WHAT YOU SHOULD DO – Your task is to extract the lines from the one holding "pub alg : Bytes" through the end of the material. Set them down exactly and add nothing.
##########
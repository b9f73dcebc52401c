-- ===== src/Manifest/Json.antt =====
-- The JSON values of the program (`serde_json::Value`). Object members stand in the order of their
-- names, as the map type of that library keeps them. A number is an integer or, by its printed
-- text, one that is not.
use m_url.Base.{Bool}
use m_url.Base.Text.{Bytes}
use m_url.Base.Int.{ℤ}

mutual
  pub data Value : Type 0 where
    null : Value
    bool : Bool → Value
    integer : ℤ → Value
    fraction : Bytes → Value
    string : Bytes → Value
    array : Items → Value
    object : Members → Value

  pub data Items : Type 0 where
    nil : Items
    cons : Value → Items → Items

  pub data Members : Type 0 where
    end : Members
    member : Bytes → Value → Members → Members
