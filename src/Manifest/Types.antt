-- ===== src/Manifest/Types.antt =====
-- crates/murl-core/src/manifest.rs: the typed document.
use m_url.Base.{Bool, List, Option}
use m_url.Base.Text.{Bytes}
use m_url.Base.Int.{ℤ}
use m_url.Manifest.Json.{Value}

pub record ResourceDoc : Type 0 where
  pub id : Bytes
  pub kind : Bytes
  pub target : Bytes
  pub label : Option Bytes
  pub role : Option Bytes
  pub required : Bool
  pub order : ℤ
  pub depends_on : List Bytes
  pub tags : List Bytes
  pub integrity : Option Bytes
  pub meta : Option Value

pub record Relation : Type 0 where
  pub from : Bytes
  pub rel : Bytes
  pub to : Bytes

pub record SignatureBlock : Type 0 where
  pub alg : Bytes
  pub key_id : Bytes
  pub public_key : Bytes
  pub sig : Bytes

pub record ManifestDoc : Type 0 where
  pub murl_version : Bytes
  pub id : Option Bytes
  pub name : Bytes
  pub description : Option Bytes
  pub version : Option Bytes
  pub not_before : Option Bytes
  pub expires : Option Bytes
  pub resources : List ResourceDoc
  pub relations : List Relation
  pub signature : Option SignatureBlock

-- The document as parsed, and the typed view of it.
pub record Manifest : Type 0 where
  pub raw : Value
  pub doc : ManifestDoc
##########
RESPONSE TO THE TASK –
  pub alg : Bytes
  pub key_id : Bytes
  pub public_key : Bytes
  pub sig : Bytes

pub record ManifestDoc : Type 0 where
  pub murl_version : Bytes
  pub id : Option Bytes
  pub name : Bytes
  pub description : Option Bytes
  pub version : Option Bytes
  pub not_before : Option Bytes
  pub expires : Option Bytes
  pub resources : List ResourceDoc
  pub relations : List Relation
  pub signature : Option SignatureBlock

-- The document as parsed, and the typed view of it.
pub record Manifest : Type 0 where
  pub raw : Value
  pub doc : ManifestDoc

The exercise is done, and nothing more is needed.